I have written this convex hull code which uses the atan() function from cmatch in order to calculate the polar angle of a point(angle of it's vector with Ox), then sort the points by this value. My solution is currently getting TLE and I would like to know if this is due to the atan function being slow. I have searched and have not been able to find any information on its performance. If atan is the cause I would appreciate suggestions on easy ways to circumvent this problem. I know there are ways to do convex hull without atan, it's just that calculating this is a pretty intuitive and easy way for me and I'm curious if there's any way to do it efficiently. Here is the code:
#include <bits/stdc++.h>
#define double long double
using namespace std;
ifstream in("infasuratoare.in");
ofstream out("infasuratoare.out");
struct Point {
double x,y;
bool operator < (const Point other) const {
if (y != other.y) {
return y < other.y;
}
return x < other.x;
}
Point operator - (const Point other) const {
return Point{x - other.x , y - other.y};
}
};
double angle(Point p) { /// returns in radians the angle of the Point
if (p.x == 0) {
if (p.y == 0) return 0;
if (p.y > 0) return M_PI/2;
if (p.y < 0) return M_PI + M_PI / 2;
}
if (p.x > 0 && p.y > 0) {
return atan(p.y / p.x);
} else if ( p.x > 0 && p.y < 0) {
return atan(p.y / p.x) + 2 * M_PI; /// pi = 180 degrees
} else {
return atan(p.y / p.x) + M_PI;
}
}
bool rightTurn(Point a, Point b, Point c) {
return angle(b - a) > angle(c - b);
}
vector<Point> pt;
int n,i;
double x,y;
vector<Point> res;
Point lowLeft;
vector<Point> convexHull() {
lowLeft = pt[1];
for (i = 2; i <= n; i++) {
if (pt[i] < lowLeft) {
lowLeft = pt[i];
}
}
sort(pt.begin() + 1, pt.end() , [&](Point a, Point b) {
///we move everyone down by this low left point, then sort this increasing by their angle.

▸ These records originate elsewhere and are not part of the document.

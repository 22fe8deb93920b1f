-- ===== src/Connectors/Chatgpt/Separation.antt =====
-- Two owners' exports.
use Prim.Native.Char.{code}
use Prim.Native.String.append
use mathlib.Core.List.{append_cancel_left}
use text.Mathlib.TextLemmas.{append_cancel_right}
use memapp.Prelude.{ℕ, String, ◌≡◌, ◌≢◌, refl, sym, ap, ◌∙◌, inl, inr, some, List, arith}
use memapp.Prelude.Texts.{◌<>◌}
use memapp.Prelude.Result.{ok}
use memapp.Connectors.Chatgpt.Exports.{FilePath, Files, resolve_export_path}
use memapp.Connectors.Chatgpt.Owners.{IsOwn, resolve_export_path-IsBelow}

-- the last character's code, or that one
last_code : String → ℕ → ℕ
last_code String.[] d = d
last_code (String.◌∷◌ c s) d = last_code s (code c)

append-last_code :
    (s t : String) (d e : ℕ)
    → last_code t 0 ≡ e
    → ((k : ℕ) → last_code t k ≡ e)
    → last_code (s <> t) d ≡ e
unfolding last_code
append-last_code String.[] t d e h0 h = rw (append.nil t) (h d)
append-last_code (String.◌∷◌ c s) t d e h0 h =
    rw (append.cons c s t) (append-last_code s t (code c) e h0 h)

json≢zip : (s t : String) → s <> ".json" ≢ t <> ".zip"
unfolding last_code
json≢zip s t h =
    let ends_n = append-last_code s ".json" 0 110 refl (λ k. refl) in
    let ends_p = append-last_code t ".zip" 0 112 refl (λ k. refl) in
    let same = ap (λ u. last_code u 0) h in omega (arith, ends_n, ends_p, same)

IsOwn-inj : (s t : String) (rest : List String) → IsOwn s rest → IsOwn t rest → s ≡ t
IsOwn-inj s t rest (inl (f, e)) (inl (g, e2)) = cc
IsOwn-inj s t rest (inl (f, e)) (inr (inl e2)) = absurd cc
IsOwn-inj s t rest (inl (f, e)) (inr (inr e2)) = absurd cc
IsOwn-inj s t rest (inr (inl e)) (inl (g, e2)) = absurd cc
IsOwn-inj s t rest (inr (inr e)) (inl (g, e2)) = absurd cc
IsOwn-inj s t rest (inr (inl e)) (inr (inl e2)) = append_cancel_right s t ".json" cc
IsOwn-inj s t rest (inr (inr e)) (inr (inr e2)) = append_cancel_right s t ".zip" cc
IsOwn-inj s t rest (inr (inl e)) (inr (inr e2)) = absurd (json≢zip s t cc)
IsOwn-inj s t rest (inr (inr e)) (inr (inl e2)) = absurd (json≢zip t s cc)

-- The export that is located for one owner is never the one located for another, whatever files there
-- were when each was looked for.
pub resolve_export_path-inj :
    (files later : Files) (dir : FilePath) (s t : String) (path : FilePath)
    → resolve_export_path files (some dir) s ≡ ok path
    → resolve_export_path later (some dir) t ≡ ok path
    → s ≡ t
resolve_export_path-inj files later dir s t path hs ht =
    let one = resolve_export_path-IsBelow files dir s path hs in
    let other = resolve_export_path-IsBelow later dir t path ht in
    let same = append_cancel_left dir.parts one.rest other.rest (sym one.parts ∙ other.parts) in
    IsOwn-inj s t other.rest (rw same at one.own) other.own
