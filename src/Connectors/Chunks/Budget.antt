-- ===== src/Connectors/Chunks/Budget.antt =====
-- The chunks keep to the budget, save where one paragraph alone is over it.
use memapp.Prelude.{
  ℕ, ◌≤◌, ◌≡◌, ◌⊎◌, inl, inr, true, false, List, [], ◌∷◌, ◌++◌, arith, ltb, Bool-cases, length,
  is_empty, All, length-append, All-append, Among, Among-All, All-weaken,
}
use memapp.Connectors.Chunks.{
  units, blank_line, overflows, flush, pack_one, pack_from, pack_paragraphs, turn_one, turns_from,
  turns_of, chunk_transcript,
}

-- A chunk within the budget, or one of the texts that were packed
abbrev pub Fits : ℕ → List (List ℕ) → List ℕ → Type 0
Fits max_chars us chunk = (length chunk ≤ max_chars) ⊎ Among chunk us

module _ (m : ℕ) (P : List ℕ → Type 0) (short : (x : List ℕ) → length x ≤ m → P x) where
  -- A round of the loop emits chunks that have the property, and gathers one.
  abbrev Keeps : List (List ℕ) × List ℕ → Type 0
  Keeps step = All P step.0 × P step.1

  flush-All : (current : List ℕ) → P current → All P (flush current)
  flush-All [] h = tt
  flush-All (c ∷ current) h = (h, tt)

  pack_one-Keeps : (current u : List ℕ) → P current → P u → Keeps (pack_one m current u)
  pack_one-Keeps [] u h k = (tt, k)
  pack_one-Keeps (c ∷ current) u h k = elim (Bool-cases (overflows m (c ∷ current) u)) [
    | inl e ↦ rw e ((h, tt), k)
    | inr e ↦ rw e (tt, short _ (ground (arith, e, length-append current (blank_line ++ u))))
  ]

  pack_from-All :
      (current : List ℕ) (us : List (List ℕ))
      → P current
      → All P us
      → All P (pack_from m current us)
  unfolding pack_from
  pack_from-All current [] h hs = flush-All current h
  pack_from-All current (u ∷ us) h hs =
      let (full, gathered) = pack_one-Keeps current u h hs.0 in
      All-append P (pack_one m current u).0 (pack_from m (pack_one m current u).1 us) full
        (pack_from-All (pack_one m current u).1 us gathered hs.1)

  turn_one-Keeps :
      (current turn : List ℕ)
      → P current
      → (ltb m (length turn) ≡ true → All P (pack_paragraphs m turn))
      → Keeps (turn_one m current turn)
  turn_one-Keeps current turn h long = elim (Bool-cases (ltb m (length turn))) [
    | inl e ↦ rw e (
      All-append P (flush current) (pack_paragraphs m turn) (flush-All current h) (long e),
      short [] (omega arith),
    )
    | inr e ↦ rw e (pack_one-Keeps current turn h (short turn (ground (arith, e))))
  ]

  turns_from-All :
      (current : List ℕ) (turns : List (List ℕ))
      → P current
      → All (λ turn. ltb m (length turn) ≡ true → All P (pack_paragraphs m turn)) turns
      → All P (turns_from m current turns)
  unfolding turns_from
  turns_from-All current [] h hs = flush-All current h
  turns_from-All current (turn ∷ rest) h hs =
      let (full, gathered) = turn_one-Keeps current turn h hs.0 in
      All-append P (turn_one m current turn).0 (turns_from m (turn_one m current turn).1 rest) full
        (turns_from-All (turn_one m current turn).1 rest gathered hs.1)

-- Every chunk is within the budget or is one whole paragraph of the text, stripped.
pub pack_paragraphs-Fits :
    (max_chars : ℕ) (text : List ℕ)
    → All (Fits max_chars (units text)) (pack_paragraphs max_chars text)
unfolding pack_paragraphs
pack_paragraphs-Fits max_chars text =
    pack_from-All max_chars (Fits max_chars (units text)) (λ x h. inl h) [] (units text)
      (inl (omega arith)) (Among-All (Fits max_chars (units text)) (units text) (λ x a. inr a))

-- A stripped paragraph of one of the turns, which is over the budget
abbrev pub OfLongTurn : ℕ → List (List ℕ) → List ℕ → Type 0
OfLongTurn max_chars turns chunk =
    (turn : List ℕ) × (Among turn turns
      × ((ltb max_chars (length turn) ≡ true) × Among chunk (units turn)))

-- Where a transcript has turns, every chunk is within the budget or is one whole paragraph of a turn that
-- is itself over the budget.
pub chunk_transcript-Fits :
    (text : List ℕ) (max_chars : ℕ)
    → is_empty (turns_of text) ≡ false
    → All
        (λ chunk. (length chunk ≤ max_chars) ⊎ OfLongTurn max_chars (turns_of text) chunk)
        (chunk_transcript text max_chars)
unfolding chunk_transcript
chunk_transcript-Fits text max_chars some_turn = rw some_turn (
    turns_from-All max_chars Chunk (λ x h. inl h) [] (turns_of text) (inl (omega arith))
      (Among-All Packs (turns_of text) (λ turn a long.
        All-weaken (Fits max_chars (units turn)) Chunk (pack_paragraphs max_chars turn)
          (λ x fits. elim fits [ inl h ↦ inl h | inr b ↦ inr (turn, (a, (long, b))) ])
          (pack_paragraphs-Fits max_chars turn))))
  where
    Chunk : List ℕ → Type 0
    Chunk chunk = (length chunk ≤ max_chars) ⊎ OfLongTurn max_chars (turns_of text) chunk

    Packs : List ℕ → Type 0
    Packs turn = ltb max_chars (length turn) ≡ true → All Chunk (pack_paragraphs max_chars turn)
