-- ===== src/Connectors/Chunks/Packing.antt =====
-- Packing loses no paragraph and keeps to its budget.
use memapp.Prelude.{
  ℕ, ◌≡◌, refl, ap, ◌∙◌, inl, inr, Bool, true, false, not, List, [], ◌∷◌, ◌++◌, map, Bool-cases,
  is_empty, all, keep,
}
use mathlib.Core.List.{append_assoc}
use memapp.Prelude.Texts.{strip}
use memapp.Connectors.Chunks.{
  units, blank_line, overflows, stripped, paragraphs, pack_from, pack_paragraphs,
}

-- The texts with a blank line between each two
abbrev pub join_blank : List (List ℕ) → List ℕ
join_blank [] = []
join_blank (u ∷ []) = u
join_blank (u ∷ v ∷ rest) = u ++ (blank_line ++ join_blank (v ∷ rest))

abbrev pub is_nonempty : List ℕ → Bool
is_nonempty u = not (is_empty u)

join_blank-cons :
    (u : List ℕ) (us : List (List ℕ))
    → is_empty us ≡ false
    → join_blank (u ∷ us) ≡ u ++ (blank_line ++ join_blank us)
join_blank-cons u [] h = absurd cc
join_blank-cons u (v ∷ us) h = refl

pack_from-some :
    (m c : ℕ) (current : List ℕ) (us : List (List ℕ))
    → is_empty (pack_from m (c ∷ current) us) ≡ false
unfolding pack_from
pack_from-some m c current [] = refl
pack_from-some m c current (u ∷ us) = elim (Bool-cases (overflows m (c ∷ current) u)) [
  | inl e ↦ rw e refl
  | inr e ↦ rw e (pack_from-some m c (current ++ (blank_line ++ u)) us)
]

regroup :
    (a u : List ℕ) (us : List (List ℕ))
    → join_blank ((a ++ (blank_line ++ u)) ∷ us) ≡ join_blank (a ∷ u ∷ us)
regroup a u [] = refl
regroup a u (v ∷ us) = append_assoc a (blank_line ++ u) (blank_line ++ join_blank (v ∷ us))

pack_from-join :
    (m c : ℕ) (current : List ℕ) (us : List (List ℕ))
    → all is_nonempty us ≡ true
    → join_blank (pack_from m (c ∷ current) us) ≡ join_blank ((c ∷ current) ∷ us)
unfolding pack_from
pack_from-join m c current [] h = refl
pack_from-join m c current ([] ∷ us) h = absurd cc
pack_from-join m c current ((d ∷ u) ∷ us) h =
    elim (Bool-cases (overflows m (c ∷ current) (d ∷ u))) [
      | inl e ↦ rw e (
          join_blank-cons (c ∷ current) (pack_from m (d ∷ u) us) (pack_from-some m d u us)
          ∙ ap (λ l. (c ∷ current) ++ (blank_line ++ l)) (pack_from-join m d u us h))
      | inr e ↦ rw e (
          pack_from-join m c (current ++ (blank_line ++ (d ∷ u))) us h
          ∙ regroup (c ∷ current) (d ∷ u) us)
    ]

pack_from-nil :
    (m : ℕ) (us : List (List ℕ))
    → all is_nonempty us ≡ true
    → join_blank (pack_from m [] us) ≡ join_blank us
unfolding pack_from
pack_from-nil m [] h = refl
pack_from-nil m ([] ∷ us) h = absurd cc
pack_from-nil m ((d ∷ u) ∷ us) h = pack_from-join m d u us h

pack_one_unit : (m : ℕ) (u : List ℕ) → join_blank (pack_from m [] (u ∷ [])) ≡ u
unfolding pack_from
pack_one_unit m [] = refl
pack_one_unit m (c ∷ u) = refl

keep-all : (p : List ℕ → Bool) (us : List (List ℕ)) → all p (keep p us) ≡ true
keep-all p [] = refl
keep-all p (u ∷ us) = elim (Bool-cases (p u)) [
  | inl e ↦ rw (e, e) (keep-all p us)
  | inr e ↦ rw e (keep-all p us)
]

-- Packing loses no paragraph and changes none: the chunks with a blank line between each two are the
-- stripped paragraphs of the text with a blank line between each two, whatever the budget is.
pub pack_paragraphs-join :
    (max_chars : ℕ) (text : List ℕ)
    → join_blank (pack_paragraphs max_chars text) ≡ join_blank (units text)
unfolding pack_paragraphs units
pack_paragraphs-join max_chars text = elim (Bool-cases (is_empty (stripped text))) [
  | inl e ↦ rw e (pack_one_unit max_chars (strip text))
  | inr e ↦
      rw e (
        pack_from-nil max_chars (stripped text)
          (keep-all is_nonempty (map strip (paragraphs text))))
]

return angle(a - lowLeft) < angle(b - lowLeft);
});
for (i = 1; i <= n; i++) {
while(res.size() >= 2 && rightTurn(res[(int)res.size() - 2] , res[(int)res.size() - 1] , pt[i])) {
res.pop_back();
}
res.push_back(pt[i]);
}
return res;
}
int main() {
in >> n;
pt.resize(n + 1);
for (i = 1; i <= n; i++) {
in >> x >> y;
pt[i] = {x,y};
}
convexHull();
out << fixed << setprecision(12);
out << res.size() << "\n";
for (auto k : res) {
out << k.x << " " << k.y << "\n";
}
out << "\n";
}